Ah, but you can’t dangle a mystery in front of an author with a journalist’s zeal for seeking the truth. As answers are revealed via research and lengthy chats with Isola — a bit too fond of the many-flavored bootleg gin she makes and sells to the locals — we’re granted additional flashbacks that reveal Elizabeth’s feisty spirit.

 

Aside from the secret behind Elizabeth’s absence, perhaps the more important question is whether Juliet’s probing will turn new friends into angry enemies.

 

James, as radiant a presence as she was in Darkest Hour and television’s Downton Abbey, is every inch a forthright, capably intelligent 1940s-era heroine in the mold of Barbara Stanwyck or Lauren Bacall. Juliet also is charming, of course, but not in a devious or manipulative manner; her curiosity is matched by her kindness and sensitivity, which serve her well as her gentle probing continues.

 

Findlay — also a Downton Abbey alum — grants Elizabeth the same indomitable spirit; she, too, has the pluck and courage that stand her well, in the face of German occupation.

 

Courtenay’s Eben is the personification of old-world cordiality and gallantry; he also has a protective bond with his grandson Eli (Kit Connor), something of a Society mascot. Parkinson is a hoot as the forlorn and mildly unfocused Isola, who wears her heart on her sleeve.

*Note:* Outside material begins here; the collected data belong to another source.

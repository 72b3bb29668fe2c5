-- ===== src/Snapz.antt =====
-- snapz_codec.h: base64, the packing of records and the `SNAPZ` line. zlib's deflate is a parameter.
pub mod Base64
pub mod Integers
pub mod Frames
mod Tests
use ewb_server.Base.{
  ℕ, zero, suc, ◌+◌, ◌-◌, ◌*◌, ◌/◌, ◌%◌, ◌^◌, ℤ, pos, negsuc, List, [], ◌∷◌, ◌++◌, Bool, true,
  false, ◌||◌, ◌&&◌, Option, none, some, ltb, leb, ◌==◌, if◌then◌else◌, length, get_or, Text, codes,
  print_ℕ, Result, ok, err, ◌>>=◌,
}
use ewb_server.Region.{SnapRec}

abbrev pub alphabet : Text
alphabet = codes "ABCDEFGHIJKLMNOPQRSTUVWXYZabcdefghijklmnopqrstuvwxyz0123456789+/"

-- `T[n & 63]`.
unfoldable pub letter : ℕ → ℕ
letter n = get_or alphabet (n % 64) 0

-- `|` of parts that share no bit is their sum.
unfoldable pub b64_encode : List ℕ → Text
unfolding letter
b64_encode [] = []
b64_encode (a ∷ []) = let n = a * 0x1_0000 in letter (n / 2 ^ 18) ∷ letter (n / 2 ^ 12) ∷ []
b64_encode (a ∷ b ∷ []) =
    let n = a * 0x1_0000 + b * 0x100 in
    letter (n / 2 ^ 18) ∷ letter (n / 2 ^ 12) ∷ letter (n / 2 ^ 6) ∷ []
b64_encode (a ∷ b ∷ c ∷ rest) =
    let n = a * 0x1_0000 + b * 0x100 + c in
    letter (n / 2 ^ 18) ∷ letter (n / 2 ^ 12) ∷ letter (n / 2 ^ 6) ∷ letter n ∷ b64_encode rest

unfoldable pub letter_value : ℕ → Option ℕ
letter_value c =
    if leb b'A' c && leb c b'Z'
    then some (c - b'A')
    else if leb b'a' c && leb c b'z'
    then some (c - b'a' + 26)
    else if leb b'0' c && leb c b'9'
    then some (c - b'0' + 52)
    else if c == b'+'
    then some 62
    else if c == b'/'
    then some 63
    else none

unfoldable pub is_ignored : ℕ → Bool
is_ignored c = (c == b'=') || (c == 10) || (c == 13) || (c == 32) || (c == 9)

-- `buf` is 32 bits wide; `bits` of it are not used up yet.
pub record Decoder : Type 0 where
  pub buf : ℕ
  pub bits : ℕ

unfoldable pub take_byte : Decoder → Decoder × List ℕ
take_byte d =
    if leb 8 d.bits
    then (record d { bits = d.bits - 8 }, (d.buf / 2 ^ (d.bits - 8) % 256) ∷ [])
    else (d, [])

take_value : Decoder → Option ℕ → Result Text (Decoder × List ℕ)
take_value d none = err (codes "bad base64 character")
take_value d (some v) =
    ok (take_byte (record { buf = (d.buf * 64 + v) % 2 ^ 32; bits = d.bits + 6 }))

unfoldable pub take_char : Decoder → ℕ → Result Text (Decoder × List ℕ)
unfolding take_value take_byte is_ignored letter_value
take_char d c = if is_ignored c then ok (d, []) else take_value d (letter_value c)

unfoldable pub decode_from : Decoder → Text → Result Text (List ℕ)
unfolding take_char
decode_from d [] = ok []
decode_from d (c ∷ cs) = do (d', out) ← take_char d c; rest ← decode_from d' cs; ok (out ++ rest)

unfoldable pub b64_decode : Text → Result Text (List ℕ)
unfolding decode_from
b64_decode s = decode_from (record { buf = 0; bits = 0 }) s

-- The cast to `uint32_t`.
unfoldable pub to_u32 : ℤ → ℕ
to_u32 (pos n) = n % 2 ^ 32
to_u32 (negsuc n) = 2 ^ 32 - 1 - n % 2 ^ 32

unfoldable pub put_le_i32 : ℤ → List ℕ
unfolding to_u32
put_le_i32 n =
    let u = to_u32 n in (u % 256) ∷ (u / 2 ^ 8 % 256) ∷ (u / 2 ^ 16 % 256) ∷ (u / 2 ^ 24 % 256) ∷ []

-- The cast to `int32_t`.
unfoldable pub to_i32 : ℕ → ℤ
to_i32 u = if ltb u (2 ^ 31) then pos u else negsuc (2 ^ 32 - 1 - u)

unfoldable pub get_le_i32 : ℕ → ℕ → ℕ → ℕ → ℤ
unfolding to_i32
get_le_i32 a b c d = to_i32 (a + b * 2 ^ 8 + c * 2 ^ 16 + d * 2 ^ 24)

unfoldable pub pack_records : List SnapRec → List ℕ
unfolding put_le_i32
pack_records [] = []
pack_records (r ∷ rs) =
    put_le_i32 r.x
    ++ (put_le_i32 r.y
        ++ (put_le_i32 r.z ++ (put_le_i32 r.flag ++ (put_le_i32 r.type ++ pack_records rs))))

unfoldable pub snapz_line : ℕ → List ℕ → Text
unfolding b64_encode
snapz_line n z = codes "SNAPZ:" ++ (print_ℕ n ++ (b':' ∷ (b64_encode z ++ (10 ∷ []))))

-- `deflate` is zlib's raw stream of the bytes at the encoder's level; the encoder object keeps a
-- buffer and a stream between calls, which a reset clears.
unfoldable pub encode_snapz : (List ℕ → List ℕ) → List SnapRec → Text
unfolding snapz_line pack_records
encode_snapz deflate recs = snapz_line (length recs) (deflate (pack_records recs))

unfoldable pub deflate_level_clamp : ℤ → ℤ
deflate_level_clamp (negsuc n) = pos 0
deflate_level_clamp (pos n) = if ltb 9 n then pos 9 else pos n
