-- ===== src/Snapz/Base64.antt =====
-- Bytes that are written in base64 and read back.
use ewb_server.Base.{
  ℕ, zero, suc, ◌+◌, ◌*◌, ◌/◌, ◌%◌, ◌^◌, ◌<◌, ◌≡◌, refl, ap, ap₂, ◌∙◌, inl, inr, List, [], ◌∷◌,
  ◌++◌, Bool, true, false, not, ◌&&◌, Option, none, some, ◌==◌, All, Text, arith, ok, Bool-cases,
}
use ewb_server.Snapz.{
  letter, b64_encode, letter_value, is_ignored, Decoder, take_byte, take_value, take_char,
  decode_from, b64_decode,
}

abbrev pub IsByte : ℕ → Type 0
IsByte b = b < 256

abbrev is_value : ℕ → Option ℕ → Bool
is_value v none = false
is_value v (some w) = v == w

-- The decoder knows the letter of `v`.
letter_known : ℕ → Bool
letter_known v = not (is_ignored (letter v)) && is_value v (letter_value (letter v))

known_below : ℕ → Bool
known_below zero = true
known_below (suc n) = letter_known n && known_below n

all_known : known_below 64 ≡ true
unfolding known_below letter_known letter letter_value is_ignored
all_known = refl

known_at : (n v : ℕ) → known_below n ≡ true → v < n → letter_known v ≡ true
unfolding known_below
known_at zero v h l = absurd (omega arith)
known_at (suc n) v h l = elim (Bool-cases (v == n)) [
  | inl e ↦ (let same : v ≡ n = ground (arith, e) in rw same (ground (arith, h)))
  | inr e ↦ known_at n v (ground (arith, h)) (ground (arith, e))
]

is_value-some : (v : ℕ) (o : Option ℕ) → is_value v o ≡ true → o ≡ some v
is_value-some v none h = cc
is_value-some v (some w) h = ap some (ground (arith, h))

pub letter_mod : (n : ℕ) → letter n ≡ letter (n % 64)
unfolding letter
letter_mod n = let e : n % 64 % 64 ≡ n % 64 = omega arith in rw e

-- A written value is taken in as it is.
take_char-letter :
    (d : Decoder) (n : ℕ)
    → take_char d (letter n)
      ≡ ok (take_byte (record { buf = (d.buf * 64 + n % 64) % 2 ^ 32; bits = d.bits + 6 }))
unfolding take_char take_value letter_known
take_char-letter d n =
    let known = known_at 64 (n % 64) all_known (omega arith) in
    let plain : is_ignored (letter (n % 64)) ≡ false = ground (arith, known) in
    let same : letter_value (letter (n % 64)) ≡ some (n % 64) =
      is_value-some (n % 64) (letter_value (letter (n % 64))) (ground (arith, known)) in
    rw (letter_mod n, plain, same)

first_byte :
    (buf v w : ℕ)
    → v < 64
    → w < 64
    → ((buf * 64 + v) % 2 ^ 32 * 64 + w) % 2 ^ 32 / 2 ^ 4 % 256 ≡ v * 4 + w / 16
first_byte buf v w h k = omega arith

second_byte :
    (buf v w : ℕ)
    → v < 64
    → w < 64
    → ((buf * 64 + v) % 2 ^ 32 * 64 + w) % 2 ^ 32 / 2 ^ 2 % 256 ≡ v % 16 * 16 + w / 4
second_byte buf v w h k = omega arith

third_byte :
    (buf v w : ℕ)
    → v < 64
    → w < 64
    → ((buf * 64 + v) % 2 ^ 32 * 64 + w) % 2 ^ 32 / 2 ^ 0 % 256 ≡ v % 4 * 64 + w
third_byte buf v w h k = omega arith

-- The first, second and third byte of a group of 24 bits, from its four values.
group_bytes :
    (a b c : ℕ)
    → IsByte a
    → IsByte b
    → IsByte c
    → (let n = a * 0x1_0000 + b * 0x100 + c in
        (n / 2 ^ 18 % 64 * 4 + n / 2 ^ 12 % 64 / 16 ≡ a)
        × (n / 2 ^ 12 % 64 % 16 * 16 + n / 2 ^ 6 % 64 / 4 ≡ b)
        × (n / 2 ^ 6 % 64 % 4 * 64 + n % 64 ≡ c))
group_bytes a b c h k l = (omega arith, omega arith, omega arith)

one_byte : (a : ℕ) → IsByte a → a * 0x1_0000 / 2 ^ 18 % 64 * 4 + a * 0x1_0000 / 2 ^ 12 % 64 / 16 ≡ a
one_byte a h = omega arith

two_bytes :
    (a b : ℕ)
    → IsByte a
    → IsByte b
    → (let n = a * 0x1_0000 + b * 0x100 in
        (n / 2 ^ 18 % 64 * 4 + n / 2 ^ 12 % 64 / 16 ≡ a)
        × (n / 2 ^ 12 % 64 % 16 * 16 + n / 2 ^ 6 % 64 / 4 ≡ b))
two_bytes a b h k = (omega arith, omega arith)

abbrev pushed : ℕ → ℕ → ℕ
pushed buf n = (buf * 64 + n % 64) % 2 ^ 32

decode_letter :
    (buf bits n : ℕ) (rest : Text) (r : List ℕ)
    → decode_from (take_byte (record { buf = pushed buf n; bits = bits + 6 })).0 rest ≡ ok r
    → decode_from (record { buf = buf; bits = bits }) (letter n ∷ rest)
      ≡ ok ((take_byte (record { buf = pushed buf n; bits = bits + 6 })).1 ++ r)
unfolding decode_from
decode_letter buf bits n rest r h = rw (take_char-letter (record { buf = buf; bits = bits }) n, h)

-- The letters of `k`, `l` and `m` at the start of a group.
decode_one :
    (buf k l : ℕ) (rest : Text) (r : List ℕ)
    → decode_from (record { buf = pushed (pushed buf k) l; bits = 4 }) rest ≡ ok r
    → decode_from (record { buf = buf; bits = 0 }) (letter k ∷ letter l ∷ rest)
      ≡ ok ((k % 64 * 4 + l % 64 / 16) ∷ r)
unfolding take_byte
decode_one buf k l rest r h =
    decode_letter buf 0 k (letter l ∷ rest) _ (decode_letter (pushed buf k) 6 l rest r h)
    ∙ ap (λ (b : ℕ). ok (b ∷ r)) (first_byte buf (k % 64) (l % 64) (omega arith) (omega arith))

decode_two :
    (buf k l m : ℕ) (rest : Text) (r : List ℕ)
    → decode_from (record { buf = pushed (pushed (pushed buf k) l) m; bits = 2 }) rest ≡ ok r
    → decode_from (record { buf = buf; bits = 0 }) (letter k ∷ letter l ∷ letter m ∷ rest)
      ≡ ok ((k % 64 * 4 + l % 64 / 16) ∷ (l % 64 % 16 * 16 + m % 64 / 4) ∷ r)
unfolding take_byte
decode_two buf k l m rest r h =
    decode_one buf k l (letter m ∷ rest) _ (decode_letter (pushed (pushed buf k) l) 4 m rest r h)
    ∙ ap (λ (b : ℕ). ok ((k % 64 * 4 + l % 64 / 16) ∷ b ∷ r))
        (second_byte (pushed buf k) (l % 64) (m % 64) (omega arith) (omega arith))

decode_three :
    (buf k l m n : ℕ) (rest : Text) (r : List ℕ)
    → ((b : ℕ) → decode_from (record { buf = b; bits = 0 }) rest ≡ ok r)
    → decode_from
        (record { buf = buf; bits = 0 })
        (letter k ∷ letter l ∷ letter m ∷ letter n ∷ rest)
      ≡ ok (
          (k % 64 * 4 + l % 64 / 16)
          ∷ (l % 64 % 16 * 16 + m % 64 / 4)
          ∷ (m % 64 % 4 * 64 + n % 64)
          ∷ r)
unfolding take_byte
decode_three buf k l m n rest r h =
    decode_two buf k l m (letter n ∷ rest) _
      (decode_letter (pushed (pushed (pushed buf k) l) m) 2 n rest r (h _))
    ∙ ap (λ (b : ℕ). ok ((k % 64 * 4 + l % 64 / 16) ∷ (l % 64 % 16 * 16 + m % 64 / 4) ∷ b ∷ r))
        (third_byte (pushed (pushed buf k) l) (m % 64) (n % 64) (omega arith) (omega arith))

decode_from-b64_encode :
    (bytes : List ℕ) (buf : ℕ)
    → All IsByte bytes
    → decode_from (record { buf = buf; bits = 0 }) (b64_encode bytes) ≡ ok bytes
unfolding b64_encode decode_from
decode_from-b64_encode [] buf h = refl
decode_from-b64_encode (a ∷ []) buf h =
    let n = a * 0x1_0000 in
    decode_one buf (n / 2 ^ 18) (n / 2 ^ 12) [] [] refl
    ∙ ap (λ (x : ℕ). ok (x ∷ [])) (one_byte a h.0)
decode_from-b64_encode (a ∷ b ∷ []) buf h =
    let n = a * 0x1_0000 + b * 0x100 in
    let (e, f) = two_bytes a b h.0 h.1.0 in
    decode_two buf (n / 2 ^ 18) (n / 2 ^ 12) (n / 2 ^ 6) [] [] refl
    ∙ ap₂ (λ (x y : ℕ). ok (x ∷ y ∷ [])) e f
decode_from-b64_encode (a ∷ b ∷ c ∷ rest) buf h =
    let n = a * 0x1_0000 + b * 0x100 + c in
    let (e, f, g) = group_bytes a b c h.0 h.1.0 h.1.1.0 in
    decode_three buf (n / 2 ^ 18) (n / 2 ^ 12) (n / 2 ^ 6) n (b64_encode rest) rest
      (λ k. decode_from-b64_encode rest k h.1.1.1)
    ∙ ap₂ (λ (x y : ℕ). ok (x ∷ y ∷ (n / 2 ^ 6 % 64 % 4 * 64 + n % 64) ∷ rest)) e f
    ∙ ap (λ (z : ℕ). ok (a ∷ b ∷ z ∷ rest)) g

-- Every byte string comes back from its base64 text.
pub b64_decode-b64_encode :
    (bytes : List ℕ) → All IsByte bytes → b64_decode (b64_encode bytes) ≡ ok bytes
unfolding b64_decode
b64_decode-b64_encode bytes h = decode_from-b64_encode bytes 0 h
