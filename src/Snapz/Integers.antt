-- ===== src/Snapz/Integers.antt =====
-- The 32-bit fields of a record in their four bytes.
use ewb_server.Base.{
  ℕ, ◌+◌, ◌*◌, ◌/◌, ◌%◌, ◌^◌, ◌<◌, ◌≡◌, ap, ◌∙◌, ℤ, pos, negsuc, List, ◌∷◌, ◌++◌, All, arith,
}
use ewb_server.Snapz.{to_u32, put_le_i32, to_i32, get_le_i32}
use ewb_server.Snapz.Base64.{IsByte}

abbrev pub IsI32 : ℤ → Type 0
IsI32 (pos n) = n < 2 ^ 31
IsI32 (negsuc n) = n < 2 ^ 31

-- The four bytes of an integer, read back.
abbrev pub first_field : List ℕ → ℤ
first_field (a ∷ b ∷ c ∷ d ∷ rest) = get_le_i32 a b c d
first_field bytes = pos 0

to_u32-lt : (n : ℤ) → to_u32 n < 2 ^ 32
unfolding to_u32
to_u32-lt (pos n) = omega arith
to_u32-lt (negsuc n) = omega arith

four_bytes :
    (u : ℕ)
    → u < 2 ^ 32
    → u % 256 + u / 2 ^ 8 % 256 * 2 ^ 8 + u / 2 ^ 16 % 256 * 2 ^ 16 + u / 2 ^ 24 % 256 * 2 ^ 24 ≡ u
four_bytes u h = omega arith

to_i32-to_u32 : (n : ℤ) → IsI32 n → to_i32 (to_u32 n) ≡ n
unfolding to_i32 to_u32
to_i32-to_u32 (pos n) h = ground arith
to_i32-to_u32 (negsuc n) h = ground arith

pub get_le_i32-put : (n : ℤ) (rest : List ℕ) → IsI32 n → first_field (put_le_i32 n ++ rest) ≡ n
unfolding get_le_i32 put_le_i32
get_le_i32-put n rest h = ap to_i32 (four_bytes (to_u32 n) (to_u32-lt n)) ∙ to_i32-to_u32 n h

pub put_le_i32-IsByte : (n : ℤ) → All IsByte (put_le_i32 n)
unfolding put_le_i32
put_le_i32-IsByte n = (omega arith, (omega arith, (omega arith, (omega arith, tt))))
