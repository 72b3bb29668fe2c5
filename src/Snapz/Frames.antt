-- ===== src/Snapz/Frames.antt =====
-- A `SNAPZ` line as its reader takes it apart.
use ewb_server.Base.{
  ℕ, zero, suc, ◌+◌, ◌*◌, ◌/◌, ◌%◌, ◌^◌, ◌<◌, ◌≡◌, ◌≢◌, refl, ℤ, List, [], ◌∷◌, ◌++◌, All,
  All-append, arith, length, drop, Text, codes, print_ℕ, ok, Bool, true, ◌&&◌, not, ◌==◌,
  Bool-cases, inl, inr,
}
use ewb_server.Region.{SnapRec}
use ewb_server.Snapz.{
  put_le_i32, pack_records, b64_encode, b64_decode, letter, snapz_line, encode_snapz,
}
use ewb_server.Snapz.Base64.{IsByte, letter_mod, b64_decode-b64_encode}
use ewb_server.Snapz.Integers.{IsI32, first_field, get_le_i32-put, put_le_i32-IsByte}

pub record IsRecord (r : SnapRec) : Type 0 where
  pub x : IsI32 r.x
  pub y : IsI32 r.y
  pub z : IsI32 r.z
  pub flag : IsI32 r.flag
  pub type : IsI32 r.type

-- What a client reads: `n` records of five little-endian integers.
abbrev pub records_in : ℕ → List ℕ → List SnapRec
records_in zero bytes = []
records_in (suc n) bytes =
    record {
      x = first_field bytes;
      y = first_field (drop 4 bytes);
      z = first_field (drop 8 bytes);
      flag = first_field (drop 12 bytes);
      type = first_field (drop 16 bytes);
    }
    ∷ records_in n (drop 20 bytes)

records_in-pack_records :
    (recs : List SnapRec) → All IsRecord recs → records_in (length recs) (pack_records recs) ≡ recs
unfolding pack_records put_le_i32
records_in-pack_records [] h = refl
records_in-pack_records (r ∷ rs) h =
    let v = h.0 in
    rw (
      get_le_i32-put r.x [] v.x,
      get_le_i32-put r.y [] v.y,
      get_le_i32-put r.z [] v.z,
      get_le_i32-put r.flag [] v.flag,
      get_le_i32-put r.type [] v.type,
      records_in-pack_records rs h.1,
    )

length-pack_records : (recs : List SnapRec) → length (pack_records recs) ≡ 20 * length recs
unfolding pack_records put_le_i32
length-pack_records [] = refl
length-pack_records (r ∷ rs) = omega (arith, length-pack_records rs)

field-IsByte : (n : ℤ) (rest : List ℕ) → All IsByte rest → All IsByte (put_le_i32 n ++ rest)
field-IsByte n rest h = All-append IsByte (put_le_i32 n) rest (put_le_i32-IsByte n) h

pack_records-IsByte : (recs : List SnapRec) → All IsByte (pack_records recs)
unfolding pack_records
pack_records-IsByte [] = tt
pack_records-IsByte (r ∷ rs) =
    let type_on = put_le_i32 r.type ++ pack_records rs in
    let flag_on = put_le_i32 r.flag ++ type_on in
    let z_on = put_le_i32 r.z ++ flag_on in
    field-IsByte r.x (put_le_i32 r.y ++ z_on) (
      field-IsByte r.y z_on (
        field-IsByte r.z flag_on (
          field-IsByte r.flag type_on
            (field-IsByte r.type (pack_records rs) (pack_records-IsByte rs)))))

-- No byte of the text ends a line.
abbrev pub IsLine : Text → Type 0
IsLine = All (λ c. c ≢ 10)

no_line_end : ℕ → Bool
no_line_end v = not (letter v == 10)

none_below : ℕ → Bool
none_below zero = true
none_below (suc n) = no_line_end n && none_below n

none_ends : none_below 64 ≡ true
unfolding none_below no_line_end letter
none_ends = refl

none_at : (n v : ℕ) → none_below n ≡ true → v < n → no_line_end v ≡ true
unfolding none_below
none_at zero v h l = absurd (omega arith)
none_at (suc n) v h l = elim (Bool-cases (v == n)) [
  | inl e ↦ (let same : v ≡ n = ground (arith, e) in rw same (ground (arith, h)))
  | inr e ↦ none_at n v (ground (arith, h)) (ground (arith, e))
]

letter-ne-10 : (n : ℕ) → letter n ≢ 10
unfolding no_line_end
letter-ne-10 n e =
    let h = none_at 64 (n % 64) none_ends (omega arith) in ground (arith, h, letter_mod n, e)

b64_encode-IsLine : (bytes : List ℕ) → IsLine (b64_encode bytes)
unfolding b64_encode
b64_encode-IsLine [] = tt
b64_encode-IsLine (a ∷ []) =
    let n = a * 0x1_0000 in (letter-ne-10 (n / 2 ^ 18), (letter-ne-10 (n / 2 ^ 12), tt))
b64_encode-IsLine (a ∷ b ∷ []) =
    let n = a * 0x1_0000 + b * 0x100 in
    (letter-ne-10 (n / 2 ^ 18), (letter-ne-10 (n / 2 ^ 12), (letter-ne-10 (n / 2 ^ 6), tt)))
b64_encode-IsLine (a ∷ b ∷ c ∷ rest) =
    let n = a * 0x1_0000 + b * 0x100 + c in
    (
      letter-ne-10 (n / 2 ^ 18),
      (
        letter-ne-10 (n / 2 ^ 12),
        (letter-ne-10 (n / 2 ^ 6), (letter-ne-10 n, b64_encode-IsLine rest)),
      ),
    )

-- How a client takes a line apart: one line, its record count, and a body that decodes and inflates
-- to 20 bytes for each record, which read back as the records.
pub record IsFrame (inflate : List ℕ → List ℕ) (line : Text) (recs : List SnapRec) : Type 0 where
  pub body : Text
  pub packed : List ℕ
  pub layout : line ≡ codes "SNAPZ:" ++ (print_ℕ (length recs) ++ (b':' ∷ (body ++ (10 ∷ []))))
  pub one_line : IsLine body
  pub decoded : b64_decode body ≡ ok packed
  pub size : length (inflate packed) ≡ 20 * length recs
  pub read : records_in (length recs) (inflate packed) ≡ recs

-- If `inflate` undoes `deflate` on bytes, and `deflate` gives bytes, then the line of any records of
-- 32-bit integers is one that a client reads back as those records.
pub encode_snapz-IsFrame :
    (deflate inflate : List ℕ → List ℕ)
    → ((raw : List ℕ) → All IsByte raw → All IsByte (deflate raw) × (inflate (deflate raw) ≡ raw))
    → (recs : List SnapRec) → All IsRecord recs
    → IsFrame inflate (encode_snapz deflate recs) recs
unfolding encode_snapz snapz_line
encode_snapz-IsFrame deflate inflate zlib recs h =
    let raw = pack_records recs in
    let (bytes, undone) = zlib raw (pack_records-IsByte recs) in
    record {
      body = b64_encode (deflate raw);
      packed = deflate raw;
      layout = refl;
      one_line = b64_encode-IsLine (deflate raw);
      decoded = b64_decode-b64_encode (deflate raw) bytes;
      size = rw undone (length-pack_records recs);
      read = rw undone (records_in-pack_records recs h);
    }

Wilton — yet another Downton Abbey veteran — deftly navigates her character’s emotional complexities; she has the most challenging role by far, and several of her scenes are heartbreaking.

 

Huisman is ruggedly handsome, kind and aw-shucks amiable as Dawsey, who has a similarly strong attachment to his little girl, Kit (Florence Keen, a giggling, wide-eyed charmer).

 

Goode, quietly understated, makes Sidney the best friend we’d all love to have. And while Powell is appropriately debonair as Juliet’s fiancé, the actor — bless him — can’t deliver anything close to a proper American accent.

 

Although the many character dynamics are engaging, and the film’s tone mostly breezy, we’re occasionally reminded of the grim events that preceded the core story: revelations that land with a breath-gulping wallop. Shaffer never let readers forget that her book was equal parts history lesson, in terms of depicting what life was like, under German occupation, in Guernsey and neighboring channel island Jersey (the sole de jure portions of the British empire to be controlled by the Wehrmacht during the war).

 

Roos, Hood and Bezucha eliminated one of the book’s key characters, which simplifies some key relationships; this individual would have complicated matters in a two-hour film, and really isn’t missed.

 

Cinematographer Zac Nicholson re-creates the island’s lush countryside and dramatic coastline in Cornwall and Devon (Guernsey itself having changed too much, over time). Production designer James Merifield and costume designer Charlotte Walter convey a strong sense of time and place; we never doubt the 1940s setting.


Newell’s film is warm, engaging and laden with well-sculpted characters who bring this period saga to life: another hit from across the pond.